- PROMPT
Your task is to restate word for word the line containing "add_eq-more pending a t m mt now got end" and each line that follows it in the listing, and only those.

- SUPPLIED ENTRIES
------------------------------------------------

-- ===== src/Tr50/Pending/Refine.antt =====
-- The operations on the linked list are those on a list of addresses.
use mathlib.Core.Path.{subst}
use libtr.Base.{
  ◌⊎◌, ℕ, ◌+◌, ◌≡◌, refl, sym, List, [], ◌∷◌, ◌++◌, none, some, false, ◌==◌, length, length-append,
  inl, inr, arith,
}
use libtr.Error.{ok}
use libtr.Tr50.Pending.{
  Message, Store, write, modify, Pending, stamped, set_next, set_previous, add,
}
use libtr.Tr50.Pending.Segment.{
  Segment, NotIn, Distinct, Segment-frame, Segment-join, write-same, write-here, Distinct-snoc,
  snoc-Distinct, NotIn-snoc, snoc_cases, set_next-last,
}

-- The list holds the messages at these addresses, in this order, each once.
pub record IsList (pending : Pending) (xs : List ℕ) : Type 0 where
  pub linked : Segment pending.store none xs none pending.list_head pending.list_tail
  pub distinct : Distinct xs
  pub counted : pending.count ≡ length xs

pub modify-some :
    (store : Store) (a : ℕ) (m : Message) (f : Message → Message)
    → store a ≡ some m
    → modify store a f ≡ ok (write store a (f m))
unfolding modify
modify-some store a m f got = rw (got, modify) refl

add_eq-empty :
    (pending : Pending) (a : ℕ) (m : Message) (now : ℕ)
    → pending.store a ≡ some m
    → pending.list_tail ≡ none
    → add pending a now
      ≡ ok (record {
        store = write pending.store a (stamped now m);
        list_head = some a;
        list_tail = some a;
        count = pending.count + 1;
        expired_count = pending.expired_count;
      })
unfolding add modify
add_eq-empty pending a m now got empty = ground (arith, got, empty)

add_eq-more :
    (pending : Pending) (a t : ℕ) (m mt : Message) (now : ℕ)
    → pending.store a ≡ some m
    → pending.list_tail ≡ some t
    → write pending.store a (stamped now m) t ≡ some mt
    → (t == a) ≡ false
    → add pending a now
      ≡ ok (record {
        store =
            write
              (write (write pending.store a (stamped now m)) t (set_next (some a) mt))
              a
              (set_previous (some t) (stamped now m));
        list_head = pending.list_head;
        list_tail = some a;
        count = pending.count + 1;
        expired_count = pending.expired_count;
      })
unfolding add
add_eq-more pending a t m mt now got tail got_t apart =
    let store1 = write pending.store a (stamped now m) in
    let store2 = write store1 t (set_next (some a) mt) in
    let here : store2 a ≡ some (stamped now m) = ground (arith, apart) in
    let e1 = modify-some pending.store a m (stamped now) got in
    let e2 = modify-some store1 t mt (set_next (some a)) got_t in
    let e3 = modify-some store2 a (stamped now m) (set_previous (some t)) here in
    rw (e1, tail, e2, e3) refl

add-IsList-snoc :
    (pending : Pending) (ys : List ℕ) (t a : ℕ) (m : Message) (now : ℕ)
    → IsList pending (ys ++ (t ∷ []))
    → NotIn a (ys ++ (t ∷ []))
    → pending.store a ≡ some m
    → m.pending_next ≡ none
    → (pending' : Pending) × (add pending a now ≡ ok pending')
      × IsList pending' ((ys ++ (t ∷ [])) ++ (a ∷ []))
add-IsList-snoc pending ys t a m now list out got no_next =
    let xs = ys ++ (t ∷ []) in
    let m1 = stamped now m in
    let m3 = set_previous (some t) m1 in
    let store1 = write pending.store a m1 in
    let head = pending.list_head in
    let (_, other) = NotIn-snoc a ys t out in
    let apart : (t == a) ≡ false = ground (arith, other) in
    let seg1 =
      Segment-frame pending.store store1 none xs none head pending.list_tail
        (write-same pending.store a m1 xs out) list.linked in
    let (once, _) = Distinct-snoc ys t list.distinct in
    let (mt, got_t, end, seg2) =
      set_next-last store1 none ys t none (some a) head pending.list_tail once seg1 in
    let store2 = write store1 t (set_next (some a) mt) in
    let store3 = write store2 a m3 in
    let seg3 =
      Segment-frame store2 store3 none xs (some a) head (some t) (write-same store2 a m3 xs out)
        seg2 in
    (
      record {
        store = store3;
        list_head = head;
        list_tail = some a;
        count = pending.count + 1;
        expired_count = pending.expired_count;
      },
      add_eq-more pending a t m mt now got end got_t apart,
      record {
        linked =
            Segment-join store3 none xs (a ∷ []) none head (some a) (some a) (some t) seg3
              (refl, m3, write-here store2 a m3, refl, (no_next, refl));
        distinct = snoc-Distinct xs a out list.distinct;
        counted = omega (arith, list.counted, length-append xs (a ∷ []));
      },
    )

-- `tr50_pending_add` appends the message, and the list stays well linked; the message's pointers
-- have to be NULL, as those of a fresh message are, and it must not be in the list already.
pub add-IsList :
    (pending : Pending) (xs : List ℕ) (a : ℕ) (m : Message) (now : ℕ)
    → IsList pending xs
    → NotIn a xs
    → pending.store a ≡ some m
    → m.pending_previous ≡ none
    → m.pending_next ≡ none
    → (pending' : Pending) × (add pending a now ≡ ok pending') × IsList pending' (xs ++ (a ∷ []))
add-IsList pending xs a m now list out got no_prev no_next = go xs (snoc_cases xs) list out
  where
    store1 : Store
    store1 = write pending.store a (stamped now m)

    go :
        (xs : List ℕ)
        → (xs ≡ []) ⊎ ((ys : List ℕ) × (t : ℕ) × (xs ≡ ys ++ (t ∷ [])))
        → IsList pending xs
        → NotIn a xs
        → (pending' : Pending) × (add pending a now ≡ ok pending')
          × IsList pending' (xs ++ (a ∷ []))
    go [] _ list out = (
      _,
      add_eq-empty pending a m now got list.linked.1,
      record {
        linked = (
          refl,
          stamped now m,
          write-here pending.store a (stamped now m),
          no_prev,
          (no_next, refl),
        );
        distinct = (tt, tt);
        counted = omega (arith, list.counted);
      },
    )
    go (x ∷ xs) (inl e) list out = cc
    go (x ∷ xs) (inr (ys, t, e)) list out =
        let (pending', eq, list') =
          add-IsList-snoc pending ys t a m now (subst (IsList pending) e list)
            (subst (NotIn a) e out) got no_next in
        (pending', eq, subst (λ zs. IsList pending' (zs ++ (a ∷ []))) (sym e) list')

------------------------------------------------

- RESPONSE
      add_eq-more pending a t m mt now got end got_t apart,
      record {
        linked =
            Segment-join store3 none xs (a ∷ []) none head (some a) (some a) (some t) seg3
              (refl, m3, write-here store2 a m3, refl, (no_next, refl));
        distinct = snoc-Distinct xs a out list.distinct;
        counted = omega (arith, list.counted, length-append xs (a ∷ []));
      },
    )

-- `tr50_pending_add` appends the message, and the list stays well linked; the message's pointers
-- have to be NULL, as those of a fresh message are, and it must not be in the list already.
pub add-IsList :
    (pending : Pending) (xs : List ℕ) (a : ℕ) (m : Message) (now : ℕ)
    → IsList pending xs
    → NotIn a xs
    → pending.store a ≡ some m
    → m.pending_previous ≡ none
    → m.pending_next ≡ none
    → (pending' : Pending) × (add pending a now ≡ ok pending') × IsList pending' (xs ++ (a ∷ []))
add-IsList pending xs a m now list out got no_prev no_next = go xs (snoc_cases xs) list out
  where
    store1 : Store
    store1 = write pending.store a (stamped now m)

    go :
        (xs : List ℕ)
        → (xs ≡ []) ⊎ ((ys : List ℕ) × (t : ℕ) × (xs ≡ ys ++ (t ∷ [])))
        → IsList pending xs
        → NotIn a xs
        → (pending' : Pending) × (add pending a now ≡ ok pending')
          × IsList pending' (xs ++ (a ∷ []))
    go [] _ list out = (
      _,
      add_eq-empty pending a m now got list.linked.1,
      record {
        linked = (
          refl,
          stamped now m,
          write-here pending.store a (stamped now m),
          no_prev,
          (no_next, refl),
        );
        distinct = (tt, tt);
        counted = omega (arith, list.counted);
      },
    )
    go (x ∷ xs) (inl e) list out = cc
    go (x ∷ xs) (inr (ys, t, e)) list out =
        let (pending', eq, list') =
          add-IsList-snoc pending ys t a m now (subst (IsList pending) e list)
            (subst (NotIn a) e out) got no_next in
        (pending', eq, subst (λ zs. IsList pending' (zs ++ (a ∷ []))) (sym e) list')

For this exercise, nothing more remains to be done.